# L-110 PTO parts and assembly



## VPrygoski (Aug 25, 2012)

i have a John Deere L-110 riding mower. last time i was mowing, the PTO lever came loose. i fiddled around underneath the hood to try and figure out what was wrong, and some parts came off in my hand. 

i am not sure if i have all the parts, some of them may have fallen and gotten lost. i have a metal part with two holes in it that i think connects on one end to the PTO lever itself. i have a bolt that appears to fit into one end of the first part mentioned. i have a spring, and the PTO lever itself.

i have looked at the official JD manuals and can't find the information i need. basically i need to know if i am missing any parts, and if so what are the parts i am missing. i also need to know how to put it all together so my mower works again. i already spent hundreds of dollars on another problem with the mower earlier this summer and would rather not pay too much to get this fixed!

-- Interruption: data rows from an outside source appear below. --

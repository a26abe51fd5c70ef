-- ===== src/System/Internal.antt =====
-- Calls of the service that neither panic nor return an error that tells of the request.
use iot_metrics.Base.{
  ◌≡◌, refl, inl, inr, String, List, [], ◌∷◌, Bool-cases, ltb_ℤ, ◌≢◌, Option, none, some,
}
use iot_metrics.Device.Service.{
  World, temperature_alert, battery_alert, temperature_difference, battery_difference, inside,
  configure_device, record_metric, evaluate, check_temperature, check_battery, after_config,
  config_of, metric_of,
}
use iot_metrics.Device.Types.{
  Config, Metric, Alert, ConfigureDeviceRequest, RecordMetricRequest, zero_config,
}
use iot_metrics.Device.Validation.{validate_configure_device_req, validate_record_metric_req}
use iot_metrics.Go.Errors.{Error, as_bad_request, as_echo_http, as_connect, other, is_not_found}
use iot_metrics.Go.Float64.{ltb_float}
use iot_metrics.Go.Outcome.{Outcome, ok, err, panic, Call, next, wrap_error}
use iot_metrics.Sqlite.Queries
use iot_metrics.Sqlite.Repository.{
  device_repository, upsert_device_config, save_device_metric, save_device_alert, get_device_config,
}
use iot_metrics.Sqlite.Repository.Lawful.{get_device_config-Finds}
use iot_metrics.Sqlite.Tables.{Db, Fault, fault_error, run_next}

-- An error that says nothing of the request and nothing of HTTP.
pub record IsPlain (e : Error) : Type 0 where
  pub no_violations : as_bad_request e ≡ none
  pub no_echo : as_echo_http e ≡ none
  pub no_connect : as_connect e ≡ none

-- A call that does not panic and returns only plain errors.
abbrev pub IsInternal : {S A : Type 0} → Outcome A × S → Type 0
IsInternal (ok a, s) = Unit
IsInternal (err e, s) = IsPlain e
IsInternal (panic, s) = ⊥

next-IsInternal :
    {S A B : Type 0} (x : Outcome A × S) (k : A → Call S B)
    → IsInternal x
    → ((a : A) (s : S) → IsInternal (k a s))
    → IsInternal (next x k)
next-IsInternal (ok a, s) k h f = f a s
next-IsInternal (err e, s) k h f = h
next-IsInternal (panic, s) k h f = absurd h

wrapped-IsInternal :
    {S A : Type 0} (text : String) (w : World S) (x : Outcome A × S)
    → IsInternal x
    → IsInternal (wrap_error text (inside w x))
unfolding as_bad_request as_echo_http as_connect
wrapped-IsInternal text w (ok a, s) h = tt
wrapped-IsInternal text w (err e, s) h = record {
  no_violations = h.no_violations;
  no_echo = h.no_echo;
  no_connect = h.no_connect;
}
wrapped-IsInternal text w (panic, s) h = absurd h

pub IsPlain-fault : (f : Fault) → IsPlain (fault_error f)
unfolding as_bad_request as_echo_http as_connect
IsPlain-fault Fault.context_canceled = record {
  no_violations = refl;
  no_echo = refl;
  no_connect = refl;
}
IsPlain-fault (Fault.failure text) = record {
  no_violations = refl;
  no_echo = refl;
  no_connect = refl;
}

IsPlain-other : (text : String) → IsPlain (other text)
IsPlain-other text = IsPlain-fault (Fault.failure text)

run_next-IsInternal :
    {A : Type 0} (faults : List (Option Fault)) (body : Call Db A) (db : Db)
    → ((d : Db) → IsInternal (body d))
    → IsInternal (run_next faults body db)
run_next-IsInternal [] body db h = h db
run_next-IsInternal (none ∷ rest) body db h = h (record db { faults = rest })
run_next-IsInternal (some f ∷ rest) body db h = IsPlain-fault f

upsert-IsInternal : (id : String) (c : Config) (db : Db) → IsInternal (upsert_device_config id c db)
unfolding upsert_device_config Queries.upsert_device_config
upsert-IsInternal id c db = run_next-IsInternal db.faults _ db λ d.
    elim (Bool-cases (Queries.is_null c.temperature_threshold)) [
      | inl e ↦ rw e (IsPlain-other _)
      | inr e ↦ rw e tt
    ]

save_metric-IsInternal :
    (id : String) (m : Metric) (db : Db) → IsInternal (save_device_metric id m db)
unfolding save_device_metric Queries.save_device_metric
save_metric-IsInternal id m db = run_next-IsInternal db.faults _ db λ d.
    elim (Bool-cases (Queries.is_null m.temperature)) [
      | inl e ↦ rw e (IsPlain-other _)
      | inr e ↦ rw e tt
    ]

save_alert-IsInternal : (id : String) (a : Alert) (db : Db) → IsInternal (save_device_alert id a db)
unfolding save_device_alert Queries.save_device_alert
save_alert-IsInternal id a db = run_next-IsInternal db.faults _ db (λ d. tt)

-- Reading thresholds never panics.
get_config-returns : (id : String) (db : Db) → (get_device_config id db).0 ≢ panic
get_config-returns id db e = elim (get_device_config-Finds id db).1 [
  | inl (c, is_ok, found) ↦ cc
  | inr (f, is_err, why) ↦ cc
]

check_temperature-IsInternal :
    (req : RecordMetricRequest) (c : Config) (w : World Db)
    → IsInternal (check_temperature device_repository req c w)
unfolding check_temperature
check_temperature-IsInternal req c w =
    elim (Bool-cases (ltb_float c.temperature_threshold req.temperature)) [
      | inl e ↦ rw e (
          wrapped-IsInternal _
            (record w {
              log =
                  temperature_alert req.device_id req.timestamp req.temperature
                    c.temperature_threshold (temperature_difference req c)
                  ∷ w.log;
            })
            _ (save_alert-IsInternal _ _ w.repo))
      | inr e ↦ rw e tt
    ]

check_battery-IsInternal :
    (req : RecordMetricRequest) (c : Config) (w : World Db)
    → IsInternal (check_battery device_repository req c w)
unfolding check_battery
check_battery-IsInternal req c w = elim (Bool-cases (ltb_ℤ req.battery c.battery_threshold)) [
  | inl e ↦ rw e (
      wrapped-IsInternal _
        (record w {
          log =
              battery_alert req.device_id req.timestamp req.battery c.battery_threshold
                (battery_difference req c)
              ∷ w.log;
        })
        _ (save_alert-IsInternal _ _ w.repo))
  | inr e ↦ rw e tt
]

evaluate-IsInternal :
    (req : RecordMetricRequest) (c : Config) (w : World Db)
    → IsInternal (evaluate device_repository req c w)
unfolding evaluate
evaluate-IsInternal req c w =
    next-IsInternal (check_temperature device_repository req c w) _
      (check_temperature-IsInternal req c w) (λ _ v. check_battery-IsInternal req c v)

after_config-IsInternal :
    (req : RecordMetricRequest) (x : Outcome Config × World Db)
    → x.0 ≢ panic
    → IsInternal (after_config device_repository req x)
unfolding after_config
after_config-IsInternal req (ok c, w) h = evaluate-IsInternal req c w
after_config-IsInternal req (err e, w) h = elim (Bool-cases (is_not_found e)) [
  | inl f ↦ rw f tt
  | inr f ↦ rw f (evaluate-IsInternal req zero_config w)
]
after_config-IsInternal req (panic, w) h = absurd (h refl)

pub record_metric-IsInternal :
    (req : RecordMetricRequest) (w : World Db)
    → validate_record_metric_req req ≡ none
    → IsInternal (record_metric device_repository req w)
unfolding record_metric
record_metric-IsInternal req w e = rw e (
    next-IsInternal
      (wrap_error "save device metric"
        (inside w (save_device_metric req.device_id (metric_of req) w.repo)))
      _ (wrapped-IsInternal _ w _ (save_metric-IsInternal req.device_id (metric_of req) w.repo))
      (λ _ v. after_config-IsInternal req _ (get_config-returns req.device_id v.repo)))

pub configure_device-IsInternal :
    (req : ConfigureDeviceRequest) (w : World Db)
    → validate_configure_device_req req ≡ none
    → IsInternal (configure_device device_repository req w)
unfolding configure_device
configure_device-IsInternal req w e = rw e (
    next-IsInternal
      (wrap_error "upsert device config"
        (inside w (upsert_device_config req.device_id (config_of req) w.repo)))
      _ (wrapped-IsInternal _ w _ (upsert-IsInternal req.device_id (config_of req) w.repo))
      (λ _ v. tt))
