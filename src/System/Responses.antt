-- ===== src/System/Responses.antt =====
-- How a call of the service over the SQLite repository ends: done, refused for its request, or failed.
use iot_metrics.Base.{inl, inr, String, List, ◌∷◌, Option-cases}
use iot_metrics.Device.Service.{World, configure_device, record_metric}
use iot_metrics.Device.Types.{ConfigureDeviceRequest, RecordMetricRequest}
use iot_metrics.Device.Validation.{validate_configure_device_req, validate_record_metric_req}
use iot_metrics.Device.Validation.Laws.{
  IsConfigurable, IsRecordable, validate_configure_device_req_iff, validate_record_metric_req_iff,
}
use iot_metrics.Device.Validation.Rejection.{
  validate_configure_device_req-IsRejection, validate_record_metric_req-IsRejection,
}
use iot_metrics.Go.Errors.{Error, bad_request}
use iot_metrics.Go.Outcome.{Outcome, ok, err, panic}
use iot_metrics.Http.Response.{Violations}
use iot_metrics.Sqlite.Repository.{device_repository}
use iot_metrics.Sqlite.Tables.{Db}
use iot_metrics.System.Internal.{
  IsPlain, IsInternal, record_metric-IsInternal, configure_device-IsInternal,
}

-- What a service call that ends in `x` says of the request that satisfies `P` or not.
pub data IsVerdict {S : Type 0} (P : Type 0) : Outcome (Unit {0}) × S → Type 0 where
  done : (s : S) → P → IsVerdict P (ok tt, s)
  refused :
      (x : String × List String) (xs : Violations) (s : S)
      → ¬ P
      → IsVerdict P (err (bad_request (x ∷ xs)), s)
  failed : (e : Error) (s : S) → IsPlain e → P → IsVerdict P (err e, s)

internal-IsVerdict : {S P : Type 0} (x : Outcome (Unit {0}) × S) → IsInternal x → P → IsVerdict P x
internal-IsVerdict (ok tt, s) h p = done s p
internal-IsVerdict (err e, s) h p = failed e s h p
internal-IsVerdict (panic, s) h p = absurd h

pub record_metric-IsVerdict :
    (req : RecordMetricRequest) (w : World Db)
    → IsVerdict (IsRecordable req) (record_metric device_repository req w)
unfolding record_metric
record_metric-IsVerdict req w = elim (Option-cases (validate_record_metric_req req)) [
  | inl e ↦
      internal-IsVerdict (record_metric device_repository req w) (record_metric-IsInternal req w e)
        ((validate_record_metric_req_iff req).0 e)
  | inr (e, rejected) ↦
      let (x, xs, same) = validate_record_metric_req-IsRejection req e rejected in
      rw (rejected, same)
        (refused x xs w λ p. cc (rejected, (validate_record_metric_req_iff req).1 p))
]

pub configure_device-IsVerdict :
    (req : ConfigureDeviceRequest) (w : World Db)
    → IsVerdict (IsConfigurable req) (configure_device device_repository req w)
unfolding configure_device
configure_device-IsVerdict req w = elim (Option-cases (validate_configure_device_req req)) [
  | inl e ↦
      internal-IsVerdict (configure_device device_repository req w)
        (configure_device-IsInternal req w e) ((validate_configure_device_req_iff req).0 e)
  | inr (e, rejected) ↦
      let (x, xs, same) = validate_configure_device_req-IsRejection req e rejected in
      rw (rejected, same)
        (refused x xs w λ p. cc (rejected, (validate_configure_device_req_iff req).1 p))
]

can anyone help me with this????


----------



## bigl22 (Sep 16, 2003)

online jd parts for exploded diagrams, or go to dealer, or lowes/home depot, look at one there, it sounds as if your external pto lever came unbolted from the secondary connector rod spend time looking ait it, usually this style simply moves apulley under the frame body to tighten a drive belt to the deck system


----------



## VPrygoski (Aug 25, 2012)

thanks, bigl22!!!!!


----------